Exercise goal: Below is a block of records; please copy all of them exactly.

§

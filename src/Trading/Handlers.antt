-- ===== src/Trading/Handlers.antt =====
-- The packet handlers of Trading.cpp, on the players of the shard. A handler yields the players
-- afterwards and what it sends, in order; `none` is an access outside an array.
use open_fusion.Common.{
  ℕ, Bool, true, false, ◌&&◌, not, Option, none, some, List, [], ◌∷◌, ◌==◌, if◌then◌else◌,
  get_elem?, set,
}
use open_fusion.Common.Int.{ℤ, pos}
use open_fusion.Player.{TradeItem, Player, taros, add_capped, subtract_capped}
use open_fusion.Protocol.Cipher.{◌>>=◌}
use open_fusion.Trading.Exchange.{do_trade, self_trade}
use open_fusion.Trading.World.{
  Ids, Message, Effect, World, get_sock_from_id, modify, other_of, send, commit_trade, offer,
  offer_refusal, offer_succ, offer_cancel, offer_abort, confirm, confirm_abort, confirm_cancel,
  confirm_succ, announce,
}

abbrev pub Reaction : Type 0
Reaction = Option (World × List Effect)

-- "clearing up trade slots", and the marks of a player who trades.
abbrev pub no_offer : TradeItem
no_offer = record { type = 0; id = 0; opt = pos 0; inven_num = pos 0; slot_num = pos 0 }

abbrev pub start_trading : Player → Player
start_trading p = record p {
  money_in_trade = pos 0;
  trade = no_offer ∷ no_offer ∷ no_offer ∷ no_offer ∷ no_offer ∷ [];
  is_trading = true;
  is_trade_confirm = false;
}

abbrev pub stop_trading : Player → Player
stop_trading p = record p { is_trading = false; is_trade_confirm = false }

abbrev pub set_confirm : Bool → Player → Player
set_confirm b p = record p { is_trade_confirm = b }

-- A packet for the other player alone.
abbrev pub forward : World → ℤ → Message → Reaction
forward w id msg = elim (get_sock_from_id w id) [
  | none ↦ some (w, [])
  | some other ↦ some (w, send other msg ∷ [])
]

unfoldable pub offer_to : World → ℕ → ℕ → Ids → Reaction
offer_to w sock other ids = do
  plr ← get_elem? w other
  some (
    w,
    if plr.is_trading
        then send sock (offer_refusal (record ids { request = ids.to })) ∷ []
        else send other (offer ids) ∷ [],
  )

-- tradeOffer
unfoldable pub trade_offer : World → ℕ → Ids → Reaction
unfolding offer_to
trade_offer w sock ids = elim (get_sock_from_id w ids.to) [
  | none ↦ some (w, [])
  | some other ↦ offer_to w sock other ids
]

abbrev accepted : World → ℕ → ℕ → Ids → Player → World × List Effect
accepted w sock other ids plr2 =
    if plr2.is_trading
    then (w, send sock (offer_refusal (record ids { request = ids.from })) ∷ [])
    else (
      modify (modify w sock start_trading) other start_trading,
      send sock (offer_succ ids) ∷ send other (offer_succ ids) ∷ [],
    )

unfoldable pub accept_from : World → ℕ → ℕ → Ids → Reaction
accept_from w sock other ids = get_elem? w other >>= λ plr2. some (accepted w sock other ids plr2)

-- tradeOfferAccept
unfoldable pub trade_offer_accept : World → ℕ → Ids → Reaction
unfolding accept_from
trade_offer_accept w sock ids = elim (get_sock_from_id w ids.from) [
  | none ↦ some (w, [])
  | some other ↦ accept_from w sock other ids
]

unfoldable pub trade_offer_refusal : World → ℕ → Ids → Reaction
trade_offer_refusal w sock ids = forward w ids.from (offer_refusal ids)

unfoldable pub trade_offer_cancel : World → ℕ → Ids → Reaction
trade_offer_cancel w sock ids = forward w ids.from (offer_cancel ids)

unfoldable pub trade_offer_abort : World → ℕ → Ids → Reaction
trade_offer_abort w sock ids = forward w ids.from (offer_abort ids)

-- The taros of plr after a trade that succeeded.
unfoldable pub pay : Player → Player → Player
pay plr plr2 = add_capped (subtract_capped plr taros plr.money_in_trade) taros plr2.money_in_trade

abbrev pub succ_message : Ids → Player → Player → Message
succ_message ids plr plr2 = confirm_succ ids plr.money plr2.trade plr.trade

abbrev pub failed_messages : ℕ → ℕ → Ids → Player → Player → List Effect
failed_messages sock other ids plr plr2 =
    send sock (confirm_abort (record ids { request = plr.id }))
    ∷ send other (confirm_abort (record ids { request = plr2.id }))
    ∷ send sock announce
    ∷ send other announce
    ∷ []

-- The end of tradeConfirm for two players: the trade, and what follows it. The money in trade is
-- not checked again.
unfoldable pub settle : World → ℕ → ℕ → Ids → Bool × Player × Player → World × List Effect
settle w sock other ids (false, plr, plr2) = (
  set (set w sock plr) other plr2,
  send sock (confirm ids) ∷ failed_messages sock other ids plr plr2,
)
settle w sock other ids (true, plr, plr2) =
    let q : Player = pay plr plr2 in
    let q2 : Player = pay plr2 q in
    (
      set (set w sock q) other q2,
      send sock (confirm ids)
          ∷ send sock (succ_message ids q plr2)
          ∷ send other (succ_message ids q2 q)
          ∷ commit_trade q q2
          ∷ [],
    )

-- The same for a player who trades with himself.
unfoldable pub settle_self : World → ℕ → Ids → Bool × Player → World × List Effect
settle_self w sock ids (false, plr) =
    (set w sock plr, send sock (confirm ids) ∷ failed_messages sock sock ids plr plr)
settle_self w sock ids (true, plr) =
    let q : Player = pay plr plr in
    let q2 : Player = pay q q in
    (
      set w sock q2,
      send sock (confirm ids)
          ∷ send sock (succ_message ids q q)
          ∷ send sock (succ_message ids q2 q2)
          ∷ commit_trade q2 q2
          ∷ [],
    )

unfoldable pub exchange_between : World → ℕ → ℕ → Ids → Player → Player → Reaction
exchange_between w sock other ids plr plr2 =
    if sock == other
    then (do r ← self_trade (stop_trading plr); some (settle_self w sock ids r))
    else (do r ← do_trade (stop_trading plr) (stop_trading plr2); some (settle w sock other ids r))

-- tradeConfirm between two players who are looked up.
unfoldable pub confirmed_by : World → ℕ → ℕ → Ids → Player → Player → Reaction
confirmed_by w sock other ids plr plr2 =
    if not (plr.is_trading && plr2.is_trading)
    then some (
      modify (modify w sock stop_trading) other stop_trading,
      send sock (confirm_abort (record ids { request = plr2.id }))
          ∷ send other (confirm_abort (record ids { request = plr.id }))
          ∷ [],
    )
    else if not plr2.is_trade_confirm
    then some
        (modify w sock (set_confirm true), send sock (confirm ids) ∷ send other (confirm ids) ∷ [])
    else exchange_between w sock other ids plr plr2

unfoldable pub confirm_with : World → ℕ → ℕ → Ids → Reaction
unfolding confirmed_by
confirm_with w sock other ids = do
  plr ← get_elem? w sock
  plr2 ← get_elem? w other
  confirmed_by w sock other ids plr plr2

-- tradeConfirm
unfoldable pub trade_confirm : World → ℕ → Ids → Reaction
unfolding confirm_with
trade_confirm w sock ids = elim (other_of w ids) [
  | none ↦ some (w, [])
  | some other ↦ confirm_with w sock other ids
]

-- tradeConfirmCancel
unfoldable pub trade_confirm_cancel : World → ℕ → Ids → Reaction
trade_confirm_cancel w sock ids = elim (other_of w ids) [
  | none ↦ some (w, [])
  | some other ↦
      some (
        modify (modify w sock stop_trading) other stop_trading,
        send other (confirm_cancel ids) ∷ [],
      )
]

§

Reply to the task:
filename src/Trading/Handlers.antt
-- ===== src/Trading/Handlers.antt =====
-- The packet handlers of Trading.cpp, on the players of the shard. A handler yields the players
-- afterwards and what it sends, in order; `none` is an access outside an array.
use open_fusion.Common.{
  ℕ, Bool, true, false, ◌&&◌, not, Option, none, some, List, [], ◌∷◌, ◌==◌, if◌then◌else◌,
  get_elem?, set,
}
use open_fusion.Common.Int.{ℤ, pos}
use open_fusion.Player.{TradeItem, Player, taros, add_capped, subtract_capped}
use open_fusion.Protocol.Cipher.{◌>>=◌}
use open_fusion.Trading.Exchange.{do_trade, self_trade}
use open_fusion.Trading.World.{
  Ids, Message, Effect, World, get_sock_from_id, modify, other_of, send, commit_trade, offer,
  offer_refusal, offer_succ, offer_cancel, offer_abort, confirm, confirm_abort, confirm_cancel,
  confirm_succ, announce,
}

abbrev pub Reaction : Type 0
Reaction = Option (World × List Effect)

-- "clearing up trade slots", and the marks of a player who trades.
abbrev pub no_offer : TradeItem
no_offer = record { type = 0; id = 0; opt = pos 0; inven_num = pos 0; slot_num = pos 0 }

abbrev pub start_trading : Player → Player
start_trading p = record p {
  money_in_trade = pos 0;
  trade = no_offer ∷ no_offer ∷ no_offer ∷ no_offer ∷ no_offer ∷ [];
  is_trading = true;
  is_trade_confirm = false;
}

abbrev pub stop_trading : Player → Player
stop_trading p = record p { is_trading = false; is_trade_confirm = false }

abbrev pub set_confirm : Bool → Player → Player
set_confirm b p = record p { is_trade_confirm = b }

-- A packet for the other player alone.
abbrev pub forward : World → ℤ → Message → Reaction
forward w id msg = elim (get_sock_from_id w id) [
  | none ↦ some (w, [])
  | some other ↦ some (w, send other msg ∷ [])
]

unfoldable pub offer_to : World → ℕ → ℕ → Ids → Reaction
offer_to w sock other ids = do
  plr ← get_elem? w other
  some (
    w,
    if plr.is_trading
        then send sock (offer_refusal (record ids { request = ids.to })) ∷ []
        else send other (offer ids) ∷ [],
  )

-- tradeOffer
unfoldable pub trade_offer : World → ℕ → Ids → Reaction
unfolding offer_to
trade_offer w sock ids = elim (get_sock_from_id w ids.to) [
  | none ↦ some (w, [])
  | some other ↦ offer_to w sock other ids
]

abbrev accepted : World → ℕ → ℕ → Ids → Player → World × List Effect
accepted w sock other ids plr2 =
    if plr2.is_trading
    then (w, send sock (offer_refusal (record ids { request = ids.from })) ∷ [])
    else (
      modify (modify w sock start_trading) other start_trading,
      send sock (offer_succ ids) ∷ send other (offer_succ ids) ∷ [],
    )

unfoldable pub accept_from : World → ℕ → ℕ → Ids → Reaction
accept_from w sock other ids = get_elem? w other >>= λ plr2. some (accepted w sock other ids plr2)

-- tradeOfferAccept
unfoldable pub trade_offer_accept : World → ℕ → Ids → Reaction
unfolding accept_from
trade_offer_accept w sock ids = elim (get_sock_from_id w ids.from) [
  | none ↦ some (w, [])
  | some other ↦ accept_from w sock other ids
]

unfoldable pub trade_offer_refusal : World → ℕ → Ids → Reaction
trade_offer_refusal w sock ids = forward w ids.from (offer_refusal ids)

unfoldable pub trade_offer_cancel : World → ℕ → Ids → Reaction
trade_offer_cancel w sock ids = forward w ids.from (offer_cancel ids)

unfoldable pub trade_offer_abort : World → ℕ → Ids → Reaction
trade_offer_abort w sock ids = forward w ids.from (offer_abort ids)

-- The taros of plr after a trade that succeeded.
unfoldable pub pay : Player → Player → Player
pay plr plr2 = add_capped (subtract_capped plr taros plr.money_in_trade) taros plr2.money_in_trade

abbrev pub succ_message : Ids → Player → Player → Message
succ_message ids plr plr2 = confirm_succ ids plr.money plr2.trade plr.trade

abbrev pub failed_messages : ℕ → ℕ → Ids → Player → Player → List Effect
failed_messages sock other ids plr plr2 =
    send sock (confirm_abort (record ids { request = plr.id }))
    ∷ send other (confirm_abort (record ids { request = plr2.id }))
    ∷ send sock announce
    ∷ send other announce
    ∷ []

-- The end of tradeConfirm for two players: the trade, and what follows it. The money in trade is
-- not checked again.
unfoldable pub settle : World → ℕ → ℕ → Ids → Bool × Player × Player → World × List Effect
settle w sock other ids (false, plr, plr2) = (
  set (set w sock plr) other plr2,
  send sock (confirm ids) ∷ failed_messages sock other ids plr plr2,
)
settle w sock other ids (true, plr, plr2) =
    let q : Player = pay plr plr2 in
    let q2 : Player = pay plr2 q in
    (
      set (set w sock q) other q2,
      send sock (confirm ids)
          ∷ send sock (succ_message ids q plr2)
          ∷ send other (succ_message ids q2 q)
          ∷ commit_trade q q2
          ∷ [],
    )

-- The same for a player who trades with himself.
unfoldable pub settle_self : World → ℕ → Ids → Bool × Player → World × List Effect
settle_self w sock ids (false, plr) =
    (set w sock plr, send sock (confirm ids) ∷ failed_messages sock sock ids plr plr)
settle_self w sock ids (true, plr) =
    let q : Player = pay plr plr in
    let q2 : Player = pay q q in
    (
      set w sock q2,
      send sock (confirm ids)
          ∷ send sock (succ_message ids q q)
          ∷ send sock (succ_message ids q2 q2)
          ∷ commit_trade q2 q2
          ∷ [],
    )

unfoldable pub exchange_between : World → ℕ → ℕ → Ids → Player → Player → Reaction
exchange_between w sock other ids plr plr2 =
    if sock == other
    then (do r ← self_trade (stop_trading plr); some (settle_self w sock ids r))
    else (do r ← do_trade (stop_trading plr) (stop_trading plr2); some (settle w sock other ids r))

-- tradeConfirm between two players who are looked up.
unfoldable pub confirmed_by : World → ℕ → ℕ → Ids → Player → Player → Reaction
confirmed_by w sock other ids plr plr2 =
    if not (plr.is_trading && plr2.is_trading)
    then some (
      modify (modify w sock stop_trading) other stop_trading,
      send sock (confirm_abort (record ids { request = plr2.id }))
          ∷ send other (confirm_abort (record ids { request = plr.id }))
          ∷ [],
    )
    else if not plr2.is_trade_confirm
    then some
        (modify w sock (set_confirm true), send sock (confirm ids) ∷ send other (confirm ids) ∷ [])
    else exchange_between w sock other ids plr plr2

unfoldable pub confirm_with : World → ℕ → ℕ → Ids → Reaction
unfolding confirmed_by
confirm_with w sock other ids = do
  plr ← get_elem? w sock
  plr2 ← get_elem? w other
  confirmed_by w sock other ids plr plr2

-- tradeConfirm
unfoldable pub trade_confirm : World → ℕ → Ids → Reaction
unfolding confirm_with
trade_confirm w sock ids = elim (other_of w ids) [
  | none ↦ some (w, [])
  | some other ↦ confirm_with w sock other ids
]

-- tradeConfirmCancel
unfoldable pub trade_confirm_cancel : World → ℕ → Ids → Reaction
trade_confirm_cancel w sock ids = elim (other_of w ids) [
  | none ↦ some (w, [])
  | some other ↦
      some (
        modify (modify w sock stop_trading) other stop_trading,
        send other (confirm_cancel ids) ∷ [],
      )
]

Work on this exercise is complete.